The credit would not be subject to limitation if subsidized energy financing or private activity bonds are used to construct the facility. The Bill also would (a) make the qualified progress expenditures rules available with respect to the credit, and (b) provide a definition of the “eligible property” for purposes of the credit (essentially property that is “necessary” for the production of the qualifying equipment).  

This tax credit is subject to a Department of Energy certification process and a Treasury Department allocation process similar to the investment tax credit programs for certain advanced coal-based generation projects and certain gasification projects under Sections 48A and 48B of the Code. In determining which project to certify, the Section shall (a) take into account only those projects where there is a reasonable expectation of commercial viability, and (b) take into consideration which projects (i) will provide the greatest domestic job creation (both direct and indirect) during the credit period, (ii) will provide the greatest net impact in avoiding or reducing air pollutants or anthropogenic emissions of greenhouse gases, (iii) have the greatest readiness for commercial employment, replication, and further commercial use in the United States, (iv) will provide the greatest benefit in terms of newness in the commercial market, (v) have the lowest levelized cost of generated or stored energy, or of measured reduction in energy consumption or greenhouse gas emission (based on costs of the full supply chain), and (vi) have the shortest project time from certification to completion. In addition, the program would provide for (a) a review, redistribution and reallocation of credits if certifications for certain projects are revoked, and (b) public disclosure of the successful applicants and the amount of credit received by the applicant.  

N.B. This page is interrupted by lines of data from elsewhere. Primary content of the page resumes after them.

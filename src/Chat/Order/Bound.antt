-- ===== src/Chat/Order/Bound.antt =====
-- `std::upper_bound` as src/core/chatmessagemodel.cpp calls it, against a count of the rows.
use neo_nect_desktop.Base.{
  ℕ, zero, suc, ◌+◌, ◌-◌, ◌/◌, ◌≤◌, true, false, List, [], ◌∷◌, ◌≡◌, arith, Bool-cases, inl, inr,
  Option-cases, ℤ, ◌≤ℤ◌, none, some, length, get_elem?, All, if◌then◌else◌, ◌==◌,
}
use neo_nect_desktop.Chat.Item.{MessageItem}
use neo_nect_desktop.Chat.Order.{
  earlier, upper_bound_loop, upper_bound, insert_at, IsSorted, timestamps, All-le_trans,
}

-- How many rows come before the first that is later than `x`.
unfoldable pub upper_linear : MessageItem → List MessageItem → ℕ
upper_linear x [] = 0
upper_linear x (y ∷ ys) = if earlier x y then 0 else suc (upper_linear x ys)

upper_linear-le_length : (x : MessageItem) (xs : List MessageItem) → upper_linear x xs ≤ length xs
unfolding upper_linear
upper_linear-le_length x [] = omega arith
upper_linear-le_length x (y ∷ ys) = ground (arith, upper_linear-le_length x ys)

All-get_elem? :
    (a : ℤ) (xs : List MessageItem) (i : ℕ) (y : MessageItem)
    → All (λ u. a ≤ℤ u) (timestamps xs)
    → get_elem? xs i ≡ some y
    → a ≤ℤ y.timestamp
All-get_elem? a [] i y h e = absurd (ground arith)
All-get_elem? a (x ∷ xs) zero y h e = ground arith
All-get_elem? a (x ∷ xs) (suc i) y h e = All-get_elem? a xs i y h.1 e

upper_linear_le :
    (x : MessageItem) (xs : List MessageItem) (i : ℕ) (y : MessageItem)
    → get_elem? xs i ≡ some y
    → earlier x y ≡ true
    → upper_linear x xs ≤ i
unfolding upper_linear
upper_linear_le x [] i y e t = absurd (ground arith)
upper_linear_le x (z ∷ zs) zero y e t = ground arith
upper_linear_le x (z ∷ zs) (suc i) y e t = ground (arith, upper_linear_le x zs i y e t)

lt_upper_linear :
    (x : MessageItem) (xs : List MessageItem) (i : ℕ) (y : MessageItem)
    → IsSorted xs
    → get_elem? xs i ≡ some y
    → earlier x y ≡ false
    → suc i ≤ upper_linear x xs
unfolding upper_linear
lt_upper_linear x [] i y s e f = absurd (ground arith)
lt_upper_linear x (z ∷ zs) zero y s e f = ground arith
lt_upper_linear x (z ∷ zs) (suc i) y s e f =
    ground (arith, lt_upper_linear x zs i y s.1 e f, All-get_elem? z.timestamp zs i y s.0 e)

get_elem?-none : (xs : List MessageItem) (i : ℕ) → get_elem? xs i ≡ none → length xs ≤ i
get_elem?-none [] i e = omega arith
get_elem?-none (x ∷ xs) zero e = absurd (ground arith)
get_elem?-none (x ∷ xs) (suc i) e = omega (arith, get_elem?-none xs i e)

upper_bound_loop_lem :
    (fuel : ℕ) (x : MessageItem) (xs : List MessageItem) (first count : ℕ)
    → IsSorted xs
    → count ≤ fuel
    → first ≤ upper_linear x xs
    → upper_linear x xs ≤ first + count
    → first + count ≤ length xs
    → upper_bound_loop fuel x xs first count ≡ upper_linear x xs
unfolding upper_bound_loop
upper_bound_loop_lem zero x xs first count s f lo hi l = omega arith
upper_bound_loop_lem (suc fuel) x xs first count s f lo hi l = elim (Bool-cases (count == 0)) [
  | inl e ↦ rw (upper_bound_loop, e) (ground arith)
  | inr e ↦ elim (Option-cases (get_elem? xs (first + count / 2))) [
    | inl n ↦ absurd (ground (arith, get_elem?-none xs (first + count / 2) n))
    | inr found ↦ elim (Bool-cases (earlier x found.0)) [
      | inl t ↦
          let bound = upper_linear_le x xs (first + count / 2) found.0 found.1 t in
          rw (upper_bound_loop, e, found.1, t)
            (upper_bound_loop_lem fuel x xs first (count / 2) s (ground arith) lo bound
              (ground arith))
      | inr t ↦
          let bound = lt_upper_linear x xs (first + count / 2) found.0 s found.1 t in
          rw (upper_bound_loop, e, found.1, t)
            (upper_bound_loop_lem fuel x xs (first + count / 2 + 1) (count - (count / 2 + 1)) s
              (ground arith) (ground arith) (ground arith) (ground arith))
    ]
  ]
]

-- Among sorted rows the halving search ends at the number of rows before the first later one, which is
-- the number of all rows at most.
pub upper_bound-linear :
    (x : MessageItem) (xs : List MessageItem)
    → IsSorted xs
    → (upper_bound x xs ≡ upper_linear x xs) × (upper_bound x xs ≤ length xs)
unfolding upper_bound
upper_bound-linear x xs s =
    let e =
      upper_bound_loop_lem (length xs) x xs 0 (length xs) s (omega arith) (omega arith)
        (omega (arith, upper_linear-le_length x xs)) (omega arith) in
    (e, omega (arith, e, upper_linear-le_length x xs))

All-insert_linear :
    (a : ℤ) (x : MessageItem) (xs : List MessageItem)
    → a ≤ℤ x.timestamp
    → All (λ u. a ≤ℤ u) (timestamps xs)
    → All (λ u. a ≤ℤ u) (timestamps (insert_at (upper_linear x xs) x xs))
unfolding upper_linear insert_at
All-insert_linear a x [] h k = (h, tt)
All-insert_linear a x (y ∷ ys) h k = ground (arith, All-insert_linear a x ys h k.1)

insert_linear-IsSorted :
    (x : MessageItem) (xs : List MessageItem)
    → IsSorted xs
    → IsSorted (insert_at (upper_linear x xs) x xs)
unfolding upper_linear insert_at
insert_linear-IsSorted x [] s = (tt, tt)
insert_linear-IsSorted x (y ∷ ys) s = elim (Bool-cases (earlier x y)) [
  | inl before ↦
      let le : x.timestamp ≤ℤ y.timestamp = ground arith in
      rw before ((le, All-le_trans x.timestamp y.timestamp (timestamps ys) le s.0), s)
  | inr after ↦
      rw after
        (All-insert_linear y.timestamp x ys (ground arith) s.0, insert_linear-IsSorted x ys s.1)
]

pub insert_at-IsSorted :
    (x : MessageItem) (xs : List MessageItem)
    → IsSorted xs
    → IsSorted (insert_at (upper_bound x xs) x xs)
insert_at-IsSorted x xs s = rw ((upper_bound-linear x xs s).0) (insert_linear-IsSorted x xs s)
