-- ===== src/Chat/Loaded.antt =====
-- The rows of the chat model after its slots: their order, their blocks and their number.
use mathlib.Core.List.{Perm}
use mathlib.Core.List.Perm
use neo_nect_desktop.Base.{
  ℕ, ◌≤◌, true, false, List, ◌∷◌, ◌≡◌, refl, arith, Bool-cases, inl, inr, ℤ, none, length, take,
  ltb, leb, length-take,
}
use neo_nect_desktop.Base.Text.{String}
use neo_nect_desktop.Qt.{Qt, VariantMap, value}
use neo_nect_desktop.Chat.Item.{MessageItem, parse_variant_map}
use neo_nect_desktop.Chat.Blocks.{
  recalculate_blocks, AreDivided, IsPartition, recalculate_blocks-AreDivided,
  length-recalculate_from,
}
use neo_nect_desktop.Chat.Order.{
  IsSorted, ids, stable_sort, stable_sort-IsSorted, stable_sort-perm, recalculate_blocks-IsSorted,
  recalculate_blocks-ids, upper_bound, insert_at,
}
use neo_nect_desktop.Chat.Order.Bound.{insert_at-IsSorted}
use neo_nect_desktop.Chat.Model.{ChatMessageModel, find_row}
use neo_nect_desktop.Chat.Slots.{
  parse_all, on_conversation_loaded, on_message_added, prepend_messages, drop_overflow, insert_row,
  max_window_size, on_more_messages_loaded,
}

-- The rows are sorted by time, each is marked by its block, and the blocks part the rows.
abbrev pub IsArranged : List MessageItem → Type 0
IsArranged xs = IsSorted xs × AreDivided none xs × IsPartition true xs

recalculate_blocks-IsArranged :
    (xs : List MessageItem) → IsSorted xs → IsArranged (recalculate_blocks xs)
recalculate_blocks-IsArranged xs s =
    let b = recalculate_blocks-AreDivided xs in (recalculate_blocks-IsSorted xs s, b.0, b.1)

module _ (q : Qt) where
  -- After the active conversation is loaded, the rows are one for each message, sorted by time and
  -- arranged in blocks; nothing is loading, and more can be fetched exactly after forty messages.
  pub on_conversation_loaded-IsArranged :
      (clock : ℕ → ℤ) (id : String) (messages : List VariantMap) (m : ChatMessageModel)
      → q.same_ci id m.active_conversation_id ≡ true
      → let loaded = on_conversation_loaded q clock id messages m in
        IsArranged loaded.items
        × Perm (ids loaded.items) (ids (parse_all q clock 0 messages))
        × (loaded.is_loading_more ≡ false)
        × (loaded.can_fetch_more ≡ leb 40 (length messages))
  unfolding on_conversation_loaded
  on_conversation_loaded-IsArranged clock id messages m e =
      let rows = parse_all q clock 0 messages in
      rw (on_conversation_loaded, e, recalculate_blocks-ids (stable_sort rows))
        (
          recalculate_blocks-IsArranged (stable_sort rows) (stable_sort-IsSorted rows),
          Perm.map (λ x. x.id) (stable_sort-perm rows),
          refl,
          refl,
        )

  pub items-insert_row :
      (x : MessageItem) (m : ChatMessageModel)
      → (insert_row q x m).items ≡ recalculate_blocks (insert_at (upper_bound x m.items) x m.items)
  items-insert_row x m =
      let rows = recalculate_blocks (insert_at (upper_bound x m.items) x m.items) in
      elim (Bool-cases (ltb 1 (length rows))) [ inl e ↦ rw e refl | inr e ↦ rw e refl ]

  -- A message whose id no row has leaves arranged rows arranged.
  pub on_message_added-IsArranged :
      (now : ℤ) (id : String) (message : VariantMap) (m : ChatMessageModel)
      → find_row (q.to_string (value "id" message)) m ≡ none
      → IsArranged m.items
      → IsArranged (on_message_added q now id message m).items
  unfolding on_message_added
  on_message_added-IsArranged now id message m f a =
      let x = parse_variant_map q now message in
      elim (Bool-cases (q.same_ci id m.active_conversation_id)) [
        | inl same ↦
            rw (on_message_added, same, f, items-insert_row x m)
              (recalculate_blocks-IsArranged (insert_at (upper_bound x m.items) x m.items)
                (insert_at-IsSorted x m.items a.0))
        | inr other ↦ rw (on_message_added, other) a
      ]

  length-drop_overflow : (m : ChatMessageModel) → length (drop_overflow q m).items ≤ max_window_size
  unfolding drop_overflow recalculate_blocks
  length-drop_overflow m = elim (Bool-cases (ltb max_window_size (length m.items))) [
    | inl e ↦ rw e (
        omega (
          arith,
          length-take max_window_size m.items,
          length-recalculate_from none (take max_window_size m.items),
        ))
    | inr e ↦ rw e (ground arith)
  ]

  -- After a page of older messages of the active conversation, which holds one at least, there are 150
  -- rows at most.
  length-on_more_messages_loaded :
      (clock : ℕ → ℤ) (id : String) (message : VariantMap) (messages : List VariantMap)
      (m : ChatMessageModel)
      → q.same_ci id m.active_conversation_id ≡ true
      → length (on_more_messages_loaded q clock id (message ∷ messages) m).items ≤ 150
  unfolding on_more_messages_loaded prepend_messages
  length-on_more_messages_loaded clock id message messages m e = rw e (length-drop_overflow _)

The Secretary of Treasury is authorized to allocate up to $2 billion in such tax credits, and must establish the certification program within 180 days of enactment of the bill.  

The House-passed bill does not contain a similar provision.  

Section 45Q  

The Bill would modify the Section 45Q tax credit for carbon dioxide sequestration to require that carbon dioxide used as a tertiary injectant be disposed of by the taxpayer in secure geological storage in order to qualify for the $10/metric ton tax credit. In addition, Section 45Q would be amended to (a) clarify that secure geological storage also includes oil and gas reservoirs, and (b) that the Secretary of Energy and Secretary of the Interior will also be consulted in connection with regulations for determining adequate security measures for the geological storage of carbon dioxide. The provision would be effective for carbon dioxide captured after the date of enactment. This proposal is slightly different from the Senate Finance Committee version of the bill. The House-passed bill does not contain a similar provision.